(Records contained in a dataset)
┌──
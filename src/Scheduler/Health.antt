-- ===== src/Scheduler/Health.antt =====
-- pkg/scheduler/pool_health.go: the state of a pool, and whether it is degraded. What the
-- repositories of containers and machines answer is given; durations are in nanoseconds.
pub mod Measures
pub mod Degraded
use beta.Base.{
  ℕ, zero, suc, ◌+◌, ◌-◌, ◌/◌, ◌*◌, String, Bool, true, false, not, ◌&&◌, ◌||◌, Option, none, some,
  List, [], ◌∷◌, ◌++◌, Result, ok, err, ltb, str_eq, if◌then◌else◌, length,
}
use beta.Base.Int.{ℤ, pos, negsuc, ltb_ℤ, ◌+ℤ◌, ◌-ℤ◌, ◌*ℤ◌}
use beta.Base.Machine.{i64, half64}
use beta.Base.Io.{Io, ◌>>=◌, ◌>>◌, pure, fail, lift, relabel}
use beta.Types.{
  Worker, WorkerStatus, available, pending, ContainerState, ContainerStatus, stopping, running,
}
use beta.Repository.Worker.Redis.{WorkerRedis, RepoError}
use beta.Repository.Worker.Index.{
  is_pending, get_all_workers_in_pool, cordon_all_pending_workers_in_pool,
}
use beta.Scheduler.Pools.{WorkerPoolStatus, healthy, degraded, other_pool_status, is_degraded}
use beta.Scheduler.Sizing.{WorkerPoolCapacity}

pub data MachineStatus : Type 0 where
  machine_pending machine_registered machine_ready other_machine_status : MachineStatus

pub record FailoverConfig : Type 0 where
  pub enabled : Bool
  pub max_pending_workers : ℤ
  pub max_scheduling_latency_ms : ℤ
  pub min_machines_available : ℤ

pub record WorkerPoolState : Type 0 where
  pub status : WorkerPoolStatus
  pub scheduling_latency : ℤ
  pub free_capacity : WorkerPoolCapacity
  pub pending_workers : ℕ
  pub available_workers : ℕ
  pub pending_containers : ℕ
  pub running_containers : ℕ
  pub registered_machines : ℕ
  pub pending_machines : ℕ
  pub ready_machines : ℕ

-- Go's division of integers, which drops the fraction.
abbrev pub quotient : ℤ → ℕ → ℤ
quotient (pos n) m = pos (n / m)
quotient (negsuc n) m = pos 0 -ℤ pos (suc n / m)

-- `Time.Sub` stops at the ends of an int64.
abbrev pub saturate : ℤ → ℤ
saturate z =
    if ltb_ℤ (pos (half64 - 1)) z
    then pos (half64 - 1)
    else if ltb_ℤ z (negsuc (half64 - 1))
    then negsuc (half64 - 1)
    else z

abbrev pub second_ns : ℕ
second_ns = 1000000000

-- A time in seconds, in nanoseconds.
abbrev pub unix : ℤ → ℤ
unix t = t *ℤ pos second_ns

abbrev pub is_running : ContainerStatus → Bool
is_running running = true
is_running _ = false

abbrev pub is_waiting : ContainerStatus → Bool
is_waiting pending = true
is_waiting _ = false

abbrev pub is_zero : ℤ → Bool
is_zero (pos zero) = true
is_zero (pos (suc n)) = false
is_zero (negsuc n) = false

-- `now` is the time at which the loop reaches the container.
unfoldable pub latency_of : ℤ → ContainerState → Option ℤ
latency_of now c =
    if is_zero c.started_at && is_running c.status
    then none
    else if is_waiting c.status
    then some (saturate (now -ℤ unix c.scheduled_at))
    else some (saturate (unix c.started_at -ℤ unix c.scheduled_at))

abbrev pub add_latency : Option ℤ → List ℤ → List ℤ
add_latency none ls = ls
add_latency (some l) ls = l ∷ ls

abbrev pub latencies : ℤ → List ContainerState → List ℤ
latencies now [] = []
latencies now (c ∷ cs) = add_latency (latency_of now c) (latencies now cs)

abbrev pub total_of : ℤ → List ℤ → ℤ
total_of total [] = total
total_of total (l ∷ ls) = total_of (i64 (total +ℤ l)) ls

unfoldable pub average_latency : List ℤ → ℤ
average_latency [] = pos 0
average_latency (l ∷ ls) = quotient (total_of (pos 0) (l ∷ ls)) (length (l ∷ ls))

abbrev pub count_if {ℓ} : {A : Type ℓ} → (A → Bool) → List A → ℕ
count_if p [] = 0
count_if p (a ∷ l) = let rest = count_if p l in if p a then suc rest else rest

-- The containers of the workers, where they could be read.
abbrev pub containers_of :
    (String → Result (Unit {0}) (List ContainerState)) → List Worker → List ContainerState
containers_of active [] = []
containers_of active (w ∷ ws) = readable (active w.id) ++ containers_of active ws
  where
    readable : Result (Unit {0}) (List ContainerState) → List ContainerState
    readable (ok cs) = cs
    readable (err e) = []

abbrev pub is_ready : MachineStatus → Bool
is_ready machine_ready = true
is_ready _ = false

abbrev pub is_registered : MachineStatus → Bool
is_registered machine_registered = true
is_registered _ = false

abbrev pub is_machine_pending : MachineStatus → Bool
is_machine_pending machine_pending = true
is_machine_pending _ = false

abbrev pub is_worker_available : WorkerStatus → Bool
is_worker_available available = true
is_worker_available _ = false

-- From what the repositories and `FreeCapacity` have answered; the status is set later.
unfoldable pub measured :
    ℤ
    → List Worker
    → List MachineStatus
    → (String → Result (Unit {0}) (List ContainerState))
    → WorkerPoolCapacity
    → WorkerPoolState
unfolding average_latency
measured now ws machines active free =
    let cs = containers_of active ws in
    record {
      status = other_pool_status "";
      scheduling_latency = quotient (average_latency (latencies now cs)) 1000000;
      free_capacity = free;
      pending_workers = count_if (λ (w : Worker). is_pending w.status) ws;
      available_workers = count_if (λ (w : Worker). is_worker_available w.status) ws;
      pending_containers = count_if (λ (c : ContainerState). is_waiting c.status) cs;
      running_containers = count_if (λ (c : ContainerState). is_running c.status) cs;
      registered_machines = count_if is_registered machines;
      pending_machines = count_if is_machine_pending machines;
      ready_machines = count_if is_ready machines;
    }

pub data HealthError : Type 0 where
  workers_failed : RepoError → HealthError
  machines_failed capacity_failed state_failed : HealthError
  cordon_failed : RepoError → HealthError

-- What a turn of the monitor is given: the pool, and what the other repositories answer.
pub record PoolView : Type 0 where
  pub pool_name : String
  pub is_external : Bool
  pub machines : Result (Unit {0}) (List MachineStatus)
  pub active_containers : String → Result (Unit {0}) (List ContainerState)
  pub free : Result (Unit {0}) WorkerPoolCapacity
  -- `State()`: `ok none` where no state is found
  pub previous : Result (Unit {0}) (Option WorkerPoolStatus)
  pub now : ℤ

abbrev pub machines_of : PoolView → Result HealthError (List MachineStatus)
machines_of p = if p.is_external then listed p.machines else ok []
  where
    listed : Result (Unit {0}) (List MachineStatus) → Result HealthError (List MachineStatus)
    listed (ok ms) = ok ms
    listed (err e) = err machines_failed

abbrev pub free_of : PoolView → Result HealthError WorkerPoolCapacity
free_of p = known p.free
  where
    known : Result (Unit {0}) WorkerPoolCapacity → Result HealthError WorkerPoolCapacity
    known (ok c) = ok c
    known (err e) = err capacity_failed

abbrev pub status_before : PoolView → Result HealthError WorkerPoolStatus
status_before p = known p.previous
  where
    known : Result (Unit {0}) (Option WorkerPoolStatus) → Result HealthError WorkerPoolStatus
    known (ok none) = ok healthy
    known (ok (some s)) = ok s
    known (err e) = err state_failed

unfoldable pub next_status : FailoverConfig → Bool → WorkerPoolState → WorkerPoolStatus
next_status f is_external s =
    if not (ltb_ℤ (pos s.pending_workers) f.max_pending_workers)
      || ltb_ℤ f.max_scheduling_latency_ms s.scheduling_latency
      || ltb_ℤ (pos s.ready_machines) f.min_machines_available && is_external
    then degraded
    else healthy

module _ (R : WorkerRedis) where
  unfoldable pub get_pool_state : PoolView → Io R.Db HealthError WorkerPoolState
  unfolding measured
  get_pool_state p = relabel workers_failed (get_all_workers_in_pool R p.pool_name) >>= λ ws.
      lift (machines_of p) >>= λ ms.
      lift (free_of p) >>= λ free. pure (measured p.now ws ms p.active_containers free)

  -- Only a pool that becomes degraded has its workers cordoned.
  abbrev pub cordon_if : Bool → String → Io R.Db HealthError (Unit {0})
  cordon_if b pool =
      if b then relabel cordon_failed (cordon_all_pending_workers_in_pool R pool) else pure tt

  -- The status is set in place; the answer is the state that is then stored.
  unfoldable pub update_pool_status :
      FailoverConfig → PoolView → WorkerPoolState → Io R.Db HealthError WorkerPoolState
  unfolding next_status
  update_pool_status f p next =
      let status = next_status f p.is_external next in
      lift (status_before p) >>= λ before.
      cordon_if (f.enabled && not (is_degraded before) && is_degraded status) p.pool_name
      >> pure (record next { status = status })

  -- One turn under the lock of the pool's state: what is stored, if anything is.
  unfoldable pub health_turn : FailoverConfig → PoolView → Io R.Db HealthError WorkerPoolState
  unfolding get_pool_state update_pool_status
  health_turn f p = get_pool_state p >>= update_pool_status f p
└──
WHAT IS EXPECTED:
When the line with "known (err e) = err state_failed" is reached in the data above, start copying there, and copy each line exactly until the line with "if not (ltb_ℤ" has been copied; copy nothing else.

EXERCISE SOLUTION:
    known (err e) = err state_failed

unfoldable pub next_status : FailoverConfig → Bool → WorkerPoolState → WorkerPoolStatus
next_status f is_external s =
    if not (ltb_ℤ (pos s.pending_workers) f.max_pending_workers)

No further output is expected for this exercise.